Take \(x_{i}\) as a sample of the training data set \(R_{S} \left( {r_{x} } \right)\), and \(\overline{{\left| X \right|}}\) as a subset of \(\left| X \right|\) (Xiao and Jian 2016). On the basis of the above definition, for those samples whose corresponding rules cannot be found in the rule set, recent rules have been used to classify such samples. The nearest rule is essentially an approximation of the rule corresponding to the sample to be classified. The definition is based on the inherent nature of a classification problem, that is, a sample and its nearest neighbor often belong to the same class. According to the above definition, the latest rules are used to classify samples that cannot find corresponding rules in the rule set. The most recent rule, essentially an approximation of the rule corresponding to the classification sample, is based on the inherent characteristics of the classification problem. In other words, most of the samples and recent ones belong to the same category.

$$ M\left( {f_{i} ,f_{j} } \right) = \smallint \smallint p\left( {f_{i} ,f_{j} } \right)\log \frac{{p\left( {f_{i} ,f_{j} } \right)}}{{p\left( {f_{i} } \right)p\left( {f_{j} } \right)}}df_{i} df_{j} $$
(8)

Here, \(p\left( {f_{i} } \right)\) and \(p\left( {f_{j} } \right)\) are the probability distributions of the feature \(f_{i}\) or \(f_{j}\). FCM's clustering algorithm divides the data set X into C categories. Indicates the degree of membership of the X sample to the i-th cluster center. The best objective function of the FCM algorithm is as follows (Rocha, & Alvaro, 2016).

$$ Minimize{\text{ }}S_{m} \left( {U,V} \right) = \sum\limits_{{i = 1}}^{c} {\sum\limits_{{j = 1}}^{n} {\mu ^{m} _{{ij}} } } \left\| {x_{j} - v_{i} } \right\|^{2} $$
(9)

Here, \(S_{m} \left( {U,V} \right)\) is the Euclidean distance of the cluster center. \(\mu\) is called a weighted index, which may affect the clustering effect of FCM. Generally speaking, time series multi-step (long-term) forecasting refers to the forecast of multiple data points in the future. As people's research problems and actual needs deepen, multi-step prediction is more valuable in theory and application than single-step prediction. At the same time, most time series models take the improvement of forecast accuracy as the only goal. However, in terms of practical problems, the model not only needs to predict correctly, but the model data is also transparent, which can explain the forecast results. The spatial information of image segmentation is very important, but it means that there is no need to consider traditional algorithms for the spatial correlation of blurred pixels (Wang et al. 2016a, b; Yang et al. 2016).
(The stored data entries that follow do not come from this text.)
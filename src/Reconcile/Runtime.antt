-- ===== src/Reconcile/Runtime.antt =====
-- The runtime-health checks (hermes_flight_recorder/collector/reconcile_runtime.py): stale task
-- leases, the capture heartbeat and the ticker heartbeat. The open task runs of the boards, and
-- what read_float makes of the heartbeat file, are arguments; float of a text is `read`.

use hermes_flight_recorder.Base.{
  leb, if◌then◌else◌, pos, str_nat, ℕ, ◌+◌, ◌-◌, ◌/◌, String, Bool, true, false, not, Option, none,
  some, List, [], ◌∷◌,
}
use Prim.Native.String.{◌++◌ as text_append}
use hermes_flight_recorder.Value.{Value, null, text, integer, real, end, field}
use hermes_flight_recorder.Result.{Result, ok, err}
use hermes_flight_recorder.Exec.{Exec}
use hermes_flight_recorder.Outbox.State.{Outbox, get_meta}
use hermes_flight_recorder.Outbox.Append.Records.{Call, Scan}
use hermes_flight_recorder.Capture.{Collector, no_links}
use hermes_flight_recorder.Reconcile.{
  ReconcileConfig, ReconcilePass, Finding, TerminalMissing, terminal_missing, emit_finding,
}

-- A row of task_runs
pub record TaskRun : Type 0 where
  pub board : String
  pub run_id : ℕ
  pub task_id : String
  pub claim_lock : Option String
  pub claim_expires : Option ℕ
  pub last_heartbeat_at : Option ℕ
  pub started_at : Option ℕ

-- lease_is_dead(run, when, config)
unfoldable pub lease_is_dead : TaskRun → ℕ → ReconcileConfig → Bool
lease_is_dead run when config = elim run.claim_expires [
  | none ↦ false
  | some expires ↦
      if leb when (expires + config.task_lease_grace) then false else elim run.last_heartbeat_at [
        | none ↦ true
        | some heartbeat ↦ not (leb when (heartbeat + config.task_heartbeat_stale_after))
      ]
]

abbrev real_or_null : Option ℕ → Value
real_or_null none = null
real_or_null (some n) = real n

abbrev text_or_null : Option String → Value
text_or_null none = null
text_or_null (some s) = text s

abbrev or_zero : Option ℕ → ℕ
or_zero none = 0
or_zero (some n) = n

pub lease_finding : ReconcilePass → TaskRun → TerminalMissing
lease_finding ctx run = record {
  occurred_at = ctx.when;
  correlation_id = run.task_id;
  subject_type = "task_run";
  subject_id = str_nat run.run_id;
  start_event_type = "task.claimed";
  expected_terminal_event_type = "task.attempt_ended";
  dedup_key =
      text_append "reconcile:terminal:task_run:"
        (text_append run.board (text_append ":" (str_nat run.run_id)));
  details = field "board" (text run.board) (
      field "task_id" (text run.task_id) (
        field "run_id" (integer (pos run.run_id)) (
          field "holder" (text_or_null run.claim_lock) (
            field "claim_expires" (real_or_null run.claim_expires) (
              field "last_heartbeat_at" (real_or_null run.last_heartbeat_at) (
                field "start_occurred_at" (real_or_null run.started_at)
                  (field "age_seconds" (real (ctx.when - or_zero run.claim_expires)) end)))))));
  links = no_links;
}

-- int(seconds) of a time
abbrev pub seconds_text : ℕ → String
seconds_text n = str_nat (n / 1000000)

abbrev pub capture_heartbeat_key : String
capture_heartbeat_key = "capture:last_success_at"

-- meta_float(store, key) (hermes_flight_recorder/collector/watermark.py)
unfoldable pub meta_float : (String → Option ℕ) → String → Outbox → Option ℕ
unfolding get_meta
meta_float read key o = elim (get_meta key o) [ none ↦ none | some raw ↦ read raw ]

abbrev pub installed_at_meta_key : String
installed_at_meta_key = "installed_at"

-- _install_horizon(outbox) (hermes_flight_recorder/collector/reconcile.py)
unfoldable pub install_horizon : (String → Option ℕ) → Outbox → ℕ
unfolding meta_float
install_horizon read o = or_zero (meta_float read installed_at_meta_key o)

pub capture_stale_finding : ReconcilePass → String → ℕ → Finding
capture_stale_finding ctx installation_id last = record {
  event_type = "reconcile.capture_stale";
  occurred_at = ctx.when;
  correlation_id = installation_id;
  payload = field "last_success_at" (real last) (
      field "staleness_seconds" (real (ctx.when - last))
        (field "threshold_seconds" (real ctx.config.capture_stale_after) end));
  dedup_key = text_append "reconcile:capture_stale:" (seconds_text last);
  links = no_links;
  partial = true;
}

-- detect_capture_stale, up to its emission
unfoldable pub capture_stale : (String → Option ℕ) → ReconcilePass → Outbox → Option Finding
unfolding meta_float
capture_stale read ctx o = elim (meta_float read capture_heartbeat_key o) [
  | none ↦ none
  | some last ↦
      if leb ctx.when (last + ctx.config.capture_stale_after)
      then none
      else some (capture_stale_finding ctx o.installation_id last)
]

pub ticker_finding : ReconcilePass → ℕ → TerminalMissing
ticker_finding ctx heartbeat = record {
  occurred_at = ctx.when;
  correlation_id = "cron:ticker";
  subject_type = "cron_ticker";
  subject_id = "cron:ticker";
  start_event_type = "cron.ticker_heartbeat";
  expected_terminal_event_type = "cron.ticker_heartbeat";
  dedup_key = text_append "reconcile:ticker_stale:" (seconds_text heartbeat);
  details =
      field "heartbeat" (real heartbeat)
        (field "staleness_seconds" (real (ctx.when - heartbeat)) end);
  links = no_links;
}

module _ (calls : ℕ → Call) (scans : ℕ → Scan) (capture_horizon : Option ℕ)
    (ctx : ReconcilePass) where
  -- detect_stale_task_leases(ctx), over the open runs of the boards
  unfoldable pub detect_stale_task_leases : List TaskRun → Exec Collector Unit
  unfolding lease_is_dead lease_finding
  detect_stale_task_leases [] c = (ok tt, c)
  detect_stale_task_leases (run ∷ runs) c =
      let (answer, c') =
        emit_finding calls scans capture_horizon (terminal_missing (lease_finding ctx run)) c in
      let later : Result Unit × Collector = elim answer [
        | err e ↦ (err e, c')
        | ok _ ↦ detect_stale_task_leases runs c'
      ] in
      let passed = detect_stale_task_leases runs c in
      if lease_is_dead run ctx.when ctx.config then later else passed

  -- detect_capture_stale(ctx)
  unfoldable pub detect_capture_stale : (String → Option ℕ) → Exec Collector Unit
  unfolding capture_stale capture_stale_finding
  detect_capture_stale read c = elim (capture_stale read ctx c.process.outbox) [
    | none ↦ (ok tt, c)
    | some f ↦
        let (answer, c') = emit_finding calls scans capture_horizon f c in
        (elim answer [ err e ↦ err e | ok _ ↦ ok tt ], c')
  ]

  -- ticker_is_stale(ctx), with the time that the heartbeat file holds
  unfoldable pub ticker_is_stale : Option ℕ → Exec Collector Bool
  unfolding ticker_finding
  ticker_is_stale none c = (ok false, c)
  ticker_is_stale (some heartbeat) c =
      if leb ctx.when (heartbeat + ctx.config.ticker_stale_after)
      then (ok false, c)
      else (let (answer, c') =
            emit_finding calls scans capture_horizon
              (terminal_missing (ticker_finding ctx heartbeat)) c in
          (elim answer [ err e ↦ err e | ok _ ↦ ok true ], c'))
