-- ===== src/Reconcile/Missed.antt =====
-- The missed fires of a job as findings: _detect_missed_cron, _missed_for_job and _job_is_active
-- (hermes_flight_recorder/collector/reconcile.py). A job is what jobs.json holds, its times in
-- microseconds; the times that croniter expects of an expression are `expected_instants`.
use hermes_flight_recorder.Base.{
  ltb, leb, eqb, if◌then◌else◌, Bool-cases, keep, ℤ, pos, le_int, str_nat, ℕ, ◌*◌, ◌/◌, ◌≤◌, String,
  ◌≡◌, refl, inl, inr, Bool, true, false, ◌&&◌, not, Option, none, some, List, [], ◌∷◌, ◌++◌, map,
  arith, ◌==◌,
}
use Prim.Native.String.{◌++◌ as text_append}
use hermes_flight_recorder.Value.{boolean, text, integer, real, end, field}
use hermes_flight_recorder.Result.{ok, err}
use hermes_flight_recorder.Exec.{Exec}
use hermes_flight_recorder.Outbox.State.{order_by}
use hermes_flight_recorder.Outbox.Append.Records.{Call, Scan}
use hermes_flight_recorder.Capture.{Collector, no_links}
use hermes_flight_recorder.Reconcile.{ReconcilePass, Finding, emit_finding}
use hermes_flight_recorder.Reconcile.Cron.{Run, interval_missed, once_missed, cron_missed}
use hermes_flight_recorder.Reconcile.Runtime.{ticker_is_stale}
use hermes_flight_recorder.Reconcile.Cron.Fuel.{interval_missed_ends}

-- job["schedule"]: the minutes of an interval, 0 when they are missing or not positive; the time of
-- a single run; the expression, none when it is missing
pub data Schedule : Type 0 where
  interval : ℕ → Schedule
  once : Option ℕ → Schedule
  cron : Option String → Schedule
  unknown : Schedule

pub record Job : Type 0 where
  pub id : String
  pub enabled : Option Bool
  pub state : String
  pub paused_at : Option ℕ
  pub times : Option ℤ
  pub completed : ℕ
  pub schedule : Schedule
  pub created_at : Option ℕ

-- A row of executions
pub record Execution : Type 0 where
  pub job_id : String
  pub claimed_epoch : Option ℕ

-- _job_is_active(job)
unfoldable pub job_is_active : Job → Bool
job_is_active job =
    not (is_off job.enabled)
    && not (job.state == "paused")
    && not (is_paused job.paused_at)
    && not (is_exhausted job.times)
  where
    is_off : Option Bool → Bool
    is_off none = false
    is_off (some b) = not b

    is_paused : Option ℕ → Bool
    is_paused none = false
    is_paused (some at) = true

    is_exhausted : Option ℤ → Bool
    is_exhausted none = false
    is_exhausted (some times) = le_int times (pos job.completed)

-- exec_by_job[job_id], in the order of the rows
pub execs_of : String → List Execution → List ℕ
execs_of id [] = []
execs_of id (r ∷ rows) =
    let rest = execs_of id rows in
    elim r.claimed_epoch [ none ↦ rest | some at ↦ if r.job_id == id then at ∷ rest else rest ]

abbrev pub schedule_kind : Schedule → String
schedule_kind (interval minutes) = "interval"
schedule_kind (once run_at) = "once"
schedule_kind (cron expr) = "cron"
schedule_kind unknown = ""

module _ (expected_instants : Option String → ℕ → ℕ → List ℕ) (ctx : ReconcilePass) where
  -- runs, of the branches on the kind
  pub runs_of : List ℕ → Option ℕ → Schedule → Option (List Run)
  runs_of execs created (interval minutes) =
      if eqb minutes 0
      then some []
      else interval_missed (minutes * 60000000) ctx.when ctx.config.cron_match_slack execs created
  runs_of execs created (once run_at) =
      some (once_missed execs run_at ctx.when ctx.config.once_match_slack)
  runs_of execs created (cron expr) = some (
      cron_missed (expected_instants expr) execs created ctx.when ctx.config.cron_match_slack
        ctx.config.cron_lookback)
  runs_of execs created unknown = some []

  pub job_runs : Job → List Execution → Option (List Run)
  unfolding execs_of runs_of
  job_runs job rows =
      runs_of (order_by (λ (n : ℕ). n) (execs_of job.id rows)) job.created_at job.schedule

  -- The two tests on a run
  unfoldable pub is_missed_run : Bool → Run → Bool
  is_missed_run ticker_dead run = leb ctx.horizon run.first_at && not (run.is_tail && ticker_dead)

  pub missed_finding : Job → Run → Finding
  missed_finding job run = record {
    event_type = "cron.run_missed";
    occurred_at = run.first_at;
    correlation_id = job.id;
    payload = field "job_id" (text job.id) (
        field "expected_fire_at" (real run.first_at) (
          field "missed_count" (integer (pos run.count)) (
            field "schedule_kind" (text (schedule_kind job.schedule))
              (field "catch_up" (boolean (ltb 1 run.count)) end))));
    dedup_key =
        text_append "reconcile:missed:"
          (text_append job.id (text_append ":" (str_nat (run.first_at / 1000000))));
    links = no_links;
    partial = true;
  }

  -- The findings of _missed_for_job, in the order of their emission
  unfoldable pub missed_for_job : Bool → List Execution → Job → Option (List Finding)
  unfolding job_is_active job_runs is_missed_run missed_finding
  missed_for_job ticker_dead rows job =
      if job_is_active job
      then (elim (job_runs job rows) [
        | none ↦ none
        | some runs ↦ some (map (missed_finding job) (keep (is_missed_run ticker_dead) runs))
      ])
      else some []

  -- The loop over the jobs
  pub missed_for_jobs : Bool → List Execution → List Job → Option (List Finding)
  unfolding missed_for_job
  missed_for_jobs ticker_dead rows [] = some []
  missed_for_jobs ticker_dead rows (job ∷ jobs) =
      let later = missed_for_jobs ticker_dead rows jobs in
      elim (missed_for_job ticker_dead rows job) [
        | none ↦ none
        | some found ↦ elim later [ none ↦ none | some more ↦ some (found ++ more) ]
      ]

  job_runs_ends :
      (job : Job) (rows : List Execution) → (runs : List Run) × (job_runs job rows ≡ some runs)
  unfolding job_runs
  job_runs_ends job rows =
      let execs = order_by (λ (n : ℕ). n) (execs_of job.id rows) in by_schedule execs job.schedule
    where
      by_schedule :
          (execs : List ℕ) (s : Schedule)
          → (runs : List Run) × (runs_of execs job.created_at s ≡ some runs)
      by_schedule execs (interval minutes) = elim (Bool-cases (eqb minutes 0)) [
        | inl q ↦ ([], rw (q, runs_of) refl)
        | inr q ↦
            let positive : 1 ≤ minutes * 60000000 = ground arith in
            let (runs, e) =
              interval_missed_ends (minutes * 60000000) ctx.when ctx.config.cron_match_slack
                positive execs job.created_at in
            (runs, rw (q, runs_of) e)
      ]
      by_schedule execs (once run_at) = (_, refl)
      by_schedule execs (cron expr) = (_, refl)
      by_schedule execs unknown = ([], refl)

  missed_for_job_ends :
      (ticker_dead : Bool) (rows : List Execution) (job : Job)
      → (found : List Finding) × (missed_for_job ticker_dead rows job ≡ some found)
  unfolding missed_for_job
  missed_for_job_ends ticker_dead rows job = elim (Bool-cases (job_is_active job)) [
    | inr q ↦ ([], rw (q, missed_for_job) refl)
    | inl q ↦
        let (runs, e) = job_runs_ends job rows in
        (
          map (missed_finding job) (keep (is_missed_run ticker_dead) runs),
          rw (q, e, missed_for_job) refl,
        )
  ]

  -- The fuel of an interval is enough for each of the jobs: the detector returns its findings.
  pub missed_for_jobs_ends :
      (ticker_dead : Bool) (rows : List Execution) (jobs : List Job)
      → (found : List Finding) × (missed_for_jobs ticker_dead rows jobs ≡ some found)
  unfolding missed_for_jobs
  missed_for_jobs_ends ticker_dead rows [] = ([], refl)
  missed_for_jobs_ends ticker_dead rows (job ∷ jobs) =
      let (found, q) = missed_for_job_ends ticker_dead rows job in
      let (more, e) = missed_for_jobs_ends ticker_dead rows jobs in
      (found ++ more, rw (q, e, missed_for_jobs) refl)

module _ (calls : ℕ → Call) (scans : ℕ → Scan) (capture_horizon : Option ℕ) where
  -- The calls of emit_finding
  pub emit_missed : List Finding → Exec Collector Unit
  emit_missed [] c = (ok tt, c)
  emit_missed (f ∷ fs) c =
      let (answer, c') = emit_finding calls scans capture_horizon f c in
      elim answer [ err e ↦ (err e, c') | ok _ ↦ emit_missed fs c' ]

  module _ (expected_instants : Option String → ℕ → ℕ → List ℕ) (ctx : ReconcilePass) where
    pub missed_with : List Job → List Execution → Bool → Exec Collector (Option Unit)
    unfolding emit_missed missed_for_jobs
    missed_with jobs rows dead c = elim (missed_for_jobs expected_instants ctx dead rows jobs) [
      | none ↦ (ok none, c)
      | some found ↦
          let (answer, c') = emit_missed found c in
          (elim answer [ err e ↦ err e | ok _ ↦ ok (some tt) ], c')
    ]

    -- ticker_is_stale(ctx), when the caller has not asked it
    pub ask_ticker : Option ℕ → Option Bool → Exec Collector Bool
    ask_ticker heartbeat (some dead) c = (ok dead, c)
    ask_ticker heartbeat none c = ticker_is_stale calls scans capture_horizon ctx heartbeat c

    -- _detect_missed_cron(ctx, exec_rows, ticker_dead=...), with the jobs and the heartbeat; none when
    -- the fuel of an interval does not reach its end
    unfoldable pub detect_missed_cron :
        Option ℕ → Option Bool → List Job → List Execution → Exec Collector (Option Unit)
    unfolding missed_with ask_ticker
    detect_missed_cron heartbeat ticker_dead [] rows c = (ok (some tt), c)
    detect_missed_cron heartbeat ticker_dead (job ∷ jobs) rows c =
        let (answer, c') = ask_ticker heartbeat ticker_dead c in
        elim answer [ err e ↦ (err e, c') | ok dead ↦ missed_with (job ∷ jobs) rows dead c' ]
$$ S_{m} = \sum\limits_{{i = 1}}^{c} {\sum\limits_{{j = 1}}^{N} {u_{{ij}}^{m} } } \left\| {x_{j} - v_{i} } \right\|^{2} + \frac{\alpha }{{N_{R} }}\sum\limits_{{i = 1}}^{c} {\sum\limits_{{j = 1}}^{N} {u_{{ij}}^{m} } } \left\| {x_{r} - v_{i} } \right\|^{2} $$
(10)

Among them, \(N\) is a pixel, which means the number of pixels contained nearby (Marasini et al. 2016).
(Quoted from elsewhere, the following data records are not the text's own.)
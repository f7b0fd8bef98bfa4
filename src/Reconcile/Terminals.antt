-- ===== src/Reconcile/Terminals.antt =====
-- _detect_missing_terminals (hermes_flight_recorder/collector/reconcile.py): an invocation that
-- started, and did not complete in its time. An event is a summary of a retained or pruned record,
-- whose identifiers are texts.
pub mod Overdue
use hermes_flight_recorder.Base.{
  ltb, leb, eqb, if◌then◌else◌, ltb→lt, lt→ltb, le→ltb, leb→le, Bool-cases, Option-cases, length,
  take, drop, concat, All, any, keep, length-append, take-append-drop, length-take-le, All-append,
  All-left, All-right, All-map, All-apply, keep-true, keep-false, cons-injective, ℤ, pos, negsuc,
  pos_part, neg_part, ◌+ℤ◌, ◌-ℤ◌, ◌≤ℤ◌, ◌<ℤ◌, le_int, lt_int, eq_int, max_int, eq_of_parts,
  <ℤ_trans, str_nat, int_nat, int_nat-str_nat, str_int, int_text, int_text-str_int, ℕ, zero, suc,
  ◌+◌, ◌-◌, ◌*◌, ◌/◌, ◌%◌, ◌^◌, ◌≤◌, ◌<◌, compare, Ordering, min, max, Char, code, String, ◌≡◌,
  refl, sym, ap, ◌∙◌, subst, fun_ext, ◌≢◌, ◌↔◌, ◌⊎◌, inl, inr, Bool, true, false, ◌&&◌, ◌||◌, not,
  Option, none, some, List, [], ◌∷◌, ◌++◌, map, append-nil, append_assoc, arith, ◌==◌, eq_iff,
  eq_refl,
}
use Prim.Native.String.{◌++◌ as text_append}
use hermes_flight_recorder.Value.{
  Value, text, integer, real, object, Fields, end, field, find, as_text, as_object,
}
use hermes_flight_recorder.Result.{Result, ok, err}
use hermes_flight_recorder.Exec.{Exec}
use hermes_flight_recorder.Envelope.Vocabulary.{contains}
use hermes_flight_recorder.Outbox.Append.Records.{Call, Scan}
use hermes_flight_recorder.Capture.{Collector, Links, no_links}
use hermes_flight_recorder.Reconcile.{
  ReconcilePass, TerminalMissing, terminal_missing, emit_finding,
}

-- e.get("payload", {}).get("event_type")
pub summary_type : Fields → Option String
summary_type e = elim (as_object (find "payload" e)) [
  | none ↦ none
  | some payload ↦ as_text (find "event_type" payload)
]

abbrev pub is_type : String → Fields → Bool
is_type name e = elim (summary_type e) [ none ↦ false | some s ↦ s == name ]

-- e.get("invocation_id")
pub invocation_of : Fields → Option String
invocation_of e = as_text (find "invocation_id" e)

-- The variables `completed` and `started`
pub record Seen : Type 0 where
  pub completed : List String
  pub started : List (String × Fields)

-- started.get(inv)
pub started_event : String → List (String × Fields) → Option Fields
started_event inv [] = none
started_event inv ((key, e) ∷ rest) = if key == inv then some e else started_event inv rest

-- started.setdefault(inv, e)
pub set_default : String → Fields → List (String × Fields) → List (String × Fields)
set_default inv e [] = (inv, e) ∷ []
set_default inv e ((key, f) ∷ rest) =
    if key == inv then (key, f) ∷ rest else (key, f) ∷ set_default inv e rest

-- The body of the first loop
pub see : Fields → Seen → Seen
unfolding set_default
see e s = elim (invocation_of e) [
  | none ↦ s
  | some inv ↦
      if is_type "invocation.completed" e
      then record s { completed = inv ∷ s.completed }
      else if is_type "invocation.started" e
      then record s { started = set_default inv e s.started }
      else s
]

pub see_all : List Fields → Seen → Seen
see_all [] s = s
see_all (e ∷ es) s = see_all es (see e s)

-- e.get("occurred_at"), an integer being a number of seconds. A negative time, which is before every
-- horizon, counts as no time: both are passed over. A boolean is no time.
pub occurred_of : Fields → Option ℕ
occurred_of e = elim (find "occurred_at" e) [
  | some (real n) ↦ some n
  | some (integer (pos n)) ↦ some (n * 1000000)
  | _ ↦ none
]

-- The two tests on the time of the start
pub is_overdue : ReconcilePass → Fields → Bool
is_overdue ctx e = elim (occurred_of e) [
  | none ↦ false
  | some occurred ↦
      not (leb ctx.when (occurred + ctx.config.invocation_terminal_timeout))
      && not (ltb occurred ctx.horizon)
]

-- e.get(name) or other
abbrev or_else : Option String → String → String
or_else none other = other
or_else (some s) other = if s == "" then other else s

abbrev or_zero : Option ℕ → ℕ
or_zero none = 0
or_zero (some n) = n

pub overdue_finding : ReconcilePass → String → Fields → TerminalMissing
unfolding occurred_of
overdue_finding ctx inv e =
    let occurred = or_zero (occurred_of e) in
    record {
      occurred_at = ctx.when;
      correlation_id = or_else (as_text (find "correlation_id" e)) inv;
      subject_type = "invocation";
      subject_id = inv;
      start_event_type = "invocation.started";
      expected_terminal_event_type = "invocation.completed";
      dedup_key = text_append "reconcile:terminal:invocation:" inv;
      details =
          field "start_occurred_at" (real occurred)
            (field "age_seconds" (real (ctx.when - occurred)) end);
      links = record no_links {
        session_id = as_text (find "session_id" e);
        parent_session_id = as_text (find "parent_session_id" e);
        invocation_id = some inv;
        profile = or_else (as_text (find "profile" e)) "default";
      };
    }

-- The second loop, up to its emissions
pub overdue : ReconcilePass → List String → List (String × Fields) → List TerminalMissing
overdue ctx completed [] = []
overdue ctx completed ((inv, e) ∷ rest) =
    let more = overdue ctx completed rest in
    if contains inv completed
    then more
    else if is_overdue ctx e
    then overdue_finding ctx inv e ∷ more
    else more

unfoldable pub missing_terminals : ReconcilePass → List Fields → List TerminalMissing
unfolding overdue see_all see
missing_terminals ctx events =
    let s = see_all events (record { completed = []; started = [] }) in
    overdue ctx s.completed s.started

module _ (calls : ℕ → Call) (scans : ℕ → Scan) (capture_horizon : Option ℕ) where
  pub emit_terminals : List TerminalMissing → Exec Collector Unit
  emit_terminals [] c = (ok tt, c)
  emit_terminals (m ∷ ms) c =
      let (answer, c') = emit_finding calls scans capture_horizon (terminal_missing m) c in
      elim answer [ err e ↦ (err e, c') | ok _ ↦ emit_terminals ms c' ]

  -- _detect_missing_terminals(ctx, events)
  unfoldable pub detect_missing_terminals : ReconcilePass → List Fields → Exec Collector Unit
  unfolding emit_terminals missing_terminals
  detect_missing_terminals ctx events = emit_terminals (missing_terminals ctx events)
2.3 Take-off gesture recognition

Human action recognition is essentially a classification process, that is to say, some action images are used as training samples for action recognition, and then the human action images that need to be recognized are recognized according to different recognition algorithms to achieve the purpose of classification. Its essence is the process of identifying the image that needs to be recognized according to the size of the difference in the similarity between the image containing the human action and the training sample, and comparing the extracted human action features with the prior knowledge. Based on their characteristic information, the process of classifying behavior patterns can be realized. The basketball take-off action is shown in Fig. 1.

Fig. 1
figure 1

Basketball take-off action Basketball takeoff (http://alturl.com/wnamn)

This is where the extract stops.